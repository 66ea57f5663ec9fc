-- ===== src/Server/Containers/Handlers/Forwarding.antt =====
-- internal/server/containers.go: forwarders are opened once and closed when the container ends.
use docker_in_kubernetes.Prelude.{
  ◌⊎◌, ◌∙◌, ◌≢◌, ap, true, false, none, List, ◌∷◌, ◌≡◌, inl, inr, Bool-cases, Option-cases, arith,
  Text, lookup, lookup-insert_self, lookup-delete_self,
}
use docker_in_kubernetes.Forwarder.{Mapping}
use docker_in_kubernetes.Forwarder.Registry.{has, set_handle, close}
use docker_in_kubernetes.K8s.{PodError, not_found, Outcome-cases, PodError-cases, done, fails}
use docker_in_kubernetes.Pod.{Pod}
use docker_in_kubernetes.Podspec.Ports.{PortMapping, Result-cases, ok}
use docker_in_kubernetes.Server.Containers.{to_forwarder_mappings, pod_terminated}
use docker_in_kubernetes.Server.Containers.Handlers.{Daemon, Context, ensure_running, id_of}
use docker_in_kubernetes.Server.Containers.Stopping.{watch_turn}

module _ {ℓ} {S : Type ℓ} (context : Context S) where
  -- A container that has a forwarder keeps it: ensureRunning opens no second one and closes none.
  pub ensure_running_once :
      (name : Text) (ms : List PortMapping) (d : Daemon S)
      → has d.registry (id_of context name) ≡ true
      → (ensure_running context name ms d).0 ≡ d
  unfolding ensure_running
  ensure_running_once name ms d h = elim (Outcome-cases (context.wait_for_ready d.cluster name)) [
    | inl (u, w) ↦ ground (arith, w, h)
    | inr (e, w) ↦ ground (arith, w, h, e)
  ]

  -- When ensureRunning succeeds on a pod that is ready, and there is a port to forward, the container
  -- has a forwarder.
  pub ensure_running-has :
      (name : Text) (ms : List PortMapping) (d : Daemon S) (m : Mapping) (pairs : List Mapping)
      → context.wait_for_ready d.cluster name ≡ done tt
      → to_forwarder_mappings ms ≡ ok (m ∷ pairs)
      → (ensure_running context name ms d).1 ≡ none
      → has (ensure_running context name ms d).0.registry (id_of context name) ≡ true
  unfolding ensure_running has set_handle
  ensure_running-has name ms d m pairs ready mapped fine =
      elim (Bool-cases (has d.registry (id_of context name))) [
        | inl h ↦ ground (arith, ready, h)
        | inr h ↦ elim (Result-cases (context.open_forwarder d.cluster name (m ∷ pairs))) [
          | inr (e, o) ↦ ground (arith, ready, h, mapped, o)
          | inl (handle, o) ↦ ground (
            arith,
            ready,
            h,
            mapped,
            o,
            lookup-insert_self (id_of context name) handle d.registry.handles,
            Option-cases (lookup (id_of context name) d.registry.handles),
          )
        ]
      ]

  -- Why a watcher stops: the container has no forwarder, or its pod is gone, or its pod has ended.
  abbrev pub IsOver : Text → Text → Daemon S → Type 0
  IsOver name id d =
      (has d.registry id ≡ false)
      ⊎ (context.pods.get d.cluster name ≡ fails not_found)
      ⊎ ((pod : Pod) × (context.pods.get d.cluster name ≡ done pod) × (pod_terminated pod ≡ true))

  -- Why it goes on: the container has a forwarder, and its pod has not ended, or cannot be read now.
  abbrev pub GoesOn : Text → Text → Daemon S → Type 0
  GoesOn name id d =
      (has d.registry id ≡ true)
      × (((pod : Pod) × (context.pods.get d.cluster name ≡ done pod) × (pod_terminated pod ≡ false))
          ⊎ ((e : PodError) × (e ≢ not_found) × (context.pods.get d.cluster name ≡ fails e)))

  -- The watcher stops just when the container has no forwarder, or its pod is gone or has ended, and then
  -- it has no forwarder left; otherwise, the pod read as not ended or not readable, it goes on and
  -- leaves the daemon as it is. It never touches the cluster or the pending containers.
  pub watch_turn_lem :
      (name id : Text) (d : Daemon S)
      → ((IsOver name id d
            × ((watch_turn context name id d).1 ≡ false)
            × (has (watch_turn context name id d).0.registry id ≡ false))
          ⊎ (GoesOn name id d
              × ((watch_turn context name id d).1 ≡ true)
              × ((watch_turn context name id d).0 ≡ d)))
        × ((watch_turn context name id d).0.cluster ≡ d.cluster)
        × ((watch_turn context name id d).0.pending ≡ d.pending)
  unfolding watch_turn has close
  watch_turn_lem name id d =
      let gone = lookup-delete_self id d.registry.handles in
      let either = Option-cases (lookup id d.registry.handles) in
      (
        elim (Bool-cases (has d.registry id)) [
          | inr h ↦ inl (inl h, ground (arith, h), ground (arith, h))
          | inl h ↦ elim (Outcome-cases (context.pods.get d.cluster name)) [
            | inr (x, g) ↦ elim (PodError-cases x) [
              | inl n ↦ inl (
                inr (inl (g ∙ ap fails n)),
                ground (arith, h, g, n),
                ground (arith, h, g, n, gone, either),
              )
              | inr (inl (r, m, n)) ↦ inr (
                (h, inr (x, λ e. ground (arith, n, e), g)),
                ground (arith, h, g, n),
                ground (arith, h, g, n),
              )
              | inr (inr (m, n)) ↦ inr (
                (h, inr (x, λ e. ground (arith, n, e), g)),
                ground (arith, h, g, n),
                ground (arith, h, g, n),
              )
            ]
            | inl (pod, g) ↦ elim (Bool-cases (pod_terminated pod)) [
              | inl t ↦ inl (
                inr (inr (pod, g, t)),
                ground (arith, h, g, t),
                ground (arith, h, g, t, gone, either),
              )
              | inr t ↦ inr ((h, inl (pod, g, t)), ground (arith, h, g, t), ground (arith, h, g, t))
            ]
          ]
        ],
        ground arith,
        ground arith,
      )
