-- ===== src/Server/Containers/Stopping/Released.antt =====
-- internal/server/containers.go: stop, kill, rm and start leave nothing behind.
use mathlib.Core.Path.{subst}
use docker_in_kubernetes.Prelude.{
  ℕ, [], false, none, some, List, ◌≡◌, sym, ap, ◌∙◌, inl, inr, Option-cases, arith, Text, lookup,
  lookup-delete_self, ==_iff, ℤ,
}
use docker_in_kubernetes.Forwarder.Registry.{has, close}
use docker_in_kubernetes.K8s.{Outcome-cases, error_text}
use docker_in_kubernetes.Pod.{Pod}
use docker_in_kubernetes.Podspec.Ports.{PortMapping}
use docker_in_kubernetes.Podspec.Identity.{container_id}
use docker_in_kubernetes.Server.Containers.Handlers.{
  Daemon, Context, start, start_pending, ensure_running, started_reply,
}
use docker_in_kubernetes.Server.Containers.Stopping.{terminate, delete_pod, drop_pending}
use docker_in_kubernetes.Server.Containers.Stopping as Stopping
use docker_in_kubernetes.Server.Pending.{
  Signal, PendingContainer, err_pending_removed, get_by_ref, mark_failed, mark_started,
  mark_entry_failed, mark_entry_started, signal_at, remove,
}
use docker_in_kubernetes.Server.Pending.Reaping.{get_by_ref-IsSignal}
use docker_in_kubernetes.Server.Pending.Signals.{
  IsSignal, IsWoken, mark-IsSignal, settled-IsWoken, signal_at-IsSignal,
}

marked_failed :
    (e : Text) (a : ℕ) (signals : ℕ → Signal)
    → ((b : ℕ) → IsSignal (signals b))
    → IsWoken (signal_at a (mark_failed e) signals a)
unfolding signal_at mark_failed
marked_failed e a signals w =
    settled-IsWoken (signal_at a (mark_failed e) signals a)
      (signal_at-IsSignal a (mark_failed e) signals (λ g good. (mark-IsSignal g e good).1) w a)
      (ground (arith, ==_iff a a))

marked_started :
    (a : ℕ) (signals : ℕ → Signal)
    → ((b : ℕ) → IsSignal (signals b))
    → IsWoken (signal_at a mark_started signals a)
unfolding signal_at mark_started
marked_started a signals w =
    settled-IsWoken (signal_at a mark_started signals a)
      (signal_at-IsSignal a mark_started signals (λ g good. (mark-IsSignal g [] good).0) w a)
      (ground (arith, ==_iff a a))

module _ {ℓ} {S : Type ℓ} (context : Context S) where
  -- That an entry has left the store, and that its channel was closed, once: whoever waits for it goes on.
  abbrev pub IsReleased : PendingContainer → Daemon S → Type 0
  IsReleased p d = (lookup p.id d.pending.m ≡ none) × IsWoken (d.pending.signals p.signal)

  -- A rm of a container that was not started does what a stop or kill does.
  pub delete-terminate :
      (now : ℕ) (grace : ℤ) (id : Text) (d : Daemon S) (p : PendingContainer)
      → (get_by_ref now id d.pending).1 ≡ some p
      → Stopping.delete context now id d ≡ terminate context now grace id d
  unfolding terminate Stopping.delete
  delete-terminate now grace id d p h = ground (arith, h)

  -- Where every signal is open and unmarked or was closed once, stopping or removing a
  -- container that was not started drops it, leaves its channel closed once, so that those
  -- who wait for it go on, and touches neither the cluster nor the forwarders; the reply is
  -- 204.
  pub drop-IsReleased :
      (now : ℕ) (grace : ℤ) (id : Text) (d : Daemon S) (p : PendingContainer)
      → (get_by_ref now id d.pending).1 ≡ some p
      → ((a : ℕ) → IsSignal (d.pending.signals a))
      → (terminate context now grace id d ≡ Stopping.delete context now id d)
        × IsReleased p (terminate context now grace id d).0
        × ((terminate context now grace id d).0.cluster ≡ d.cluster)
        × ((terminate context now grace id d).0.registry ≡ d.registry)
        × ((terminate context now grace id d).1.status ≡ 204)
  unfolding terminate Stopping.delete remove
  drop-IsReleased now grace id d p h w =
      let gone = lookup-delete_self p.id (get_by_ref now id d.pending).0.m in
      let woken =
        marked_failed err_pending_removed p.signal (get_by_ref now id d.pending).0.signals
          (get_by_ref-IsSignal now id d.pending w) in
      let dropped =
        drop_pending context p (record d { pending = (get_by_ref now id d.pending).0 }) in
      let t : terminate context now grace id d ≡ dropped = ground (arith, h) in
      (
        sym (delete-terminate now grace id d p h),
        (
          ap (λ x. lookup p.id x.0.pending.m) t ∙ gone,
          subst (λ x. IsWoken (x.0.pending.signals p.signal)) (sym t) woken,
        ),
        ap (λ x. x.0.cluster) t,
        ap (λ x. x.0.registry) t,
        ap (λ x. x.1.status) t,
      )

  -- Removing a live pod closes its forwarder, whatever the API server answers.
  pub delete_pod-closes :
      (pod : Pod) (grace : ℤ) (d : Daemon S)
      → has
          (delete_pod context pod grace d).0.registry
          (container_id context.sha256_hex pod.namespace pod.name)
        ≡ false
  unfolding delete_pod has close
  delete_pod-closes pod grace d =
      let id = container_id context.sha256_hex pod.namespace pod.name in
      let gone = lookup-delete_self id d.registry.handles in
      ground (
        arith,
        gone,
        Option-cases (lookup id d.registry.handles),
        Outcome-cases (context.pods.delete d.cluster pod.name grace).1,
      )

  -- ensureRunning leaves the pending containers as they are.
  pub ensure_running-pending :
      (name : Text) (ms : List PortMapping) (d : Daemon S)
      → (started_reply context (ensure_running context name ms d)).0.pending ≡ d.pending
  unfolding ensure_running
  ensure_running-pending name ms d = ground (arith)

  -- Where every signal is open and unmarked or was closed once, starting a pending container
  -- leaves its channel closed once, so that those who wait for it go on, and takes it from
  -- the store, also when the pod cannot be created or does not become ready.
  pub start-IsReleased :
      (now : ℕ) (id : Text) (d : Daemon S) (p : PendingContainer)
      → (get_by_ref now id d.pending).1 ≡ some p
      → ((a : ℕ) → IsSignal (d.pending.signals a))
      → IsReleased p (start context now id d).0
  unfolding start start_pending ensure_running remove
  start-IsReleased now id d p h w =
      let good = get_by_ref-IsSignal now id d.pending w in
      let s = (get_by_ref now id d.pending).0 in
      let gone = lookup-delete_self p.id s.m in
      let created = context.pods.create d.cluster p.spec in
      let t : start context now id d ≡ start_pending context p (record d { pending = s }) =
        ground (arith, h) in
      elim (Outcome-cases created.1) [
        | inr (e, c) ↦
            let woken = marked_failed (error_text e) p.signal s.signals good in
            let last = record d {
              cluster = created.0;
              pending = remove p.id (mark_entry_failed p (error_text e) s);
            } in
            let u : (start context now id d).0 ≡ last = ap (λ x. x.0) t ∙ ground (arith, c) in
            (
              ap (λ x. lookup p.id x.pending.m) u ∙ gone,
              subst (λ x. IsWoken (x.pending.signals p.signal)) (sym u) woken,
            )
        | inl (pod, c) ↦
            let woken = marked_started p.signal s.signals good in
            let last = record d {
              cluster = created.0;
              pending = remove p.id (mark_entry_started p s);
            } in
            let kept = ensure_running-pending p.spec.name p.mappings last in
            let u : (start context now id d).0.pending ≡ last.pending =
              ap (λ x. x.0.pending) t ∙ ground (arith, c, kept) in
            (
              ap (λ x. lookup p.id x.m) u ∙ gone,
              subst (λ x. IsWoken (x.signals p.signal)) (sym u) woken,
            )
      ]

----------------

**What to work on:**
I would like you to report every line in the listing above that contains "store".

**Response:**
  -- That an entry has left the store, and that its channel was closed, once: whoever waits for it goes on.
  -- the store, also when the pod cannot be created or does not become ready.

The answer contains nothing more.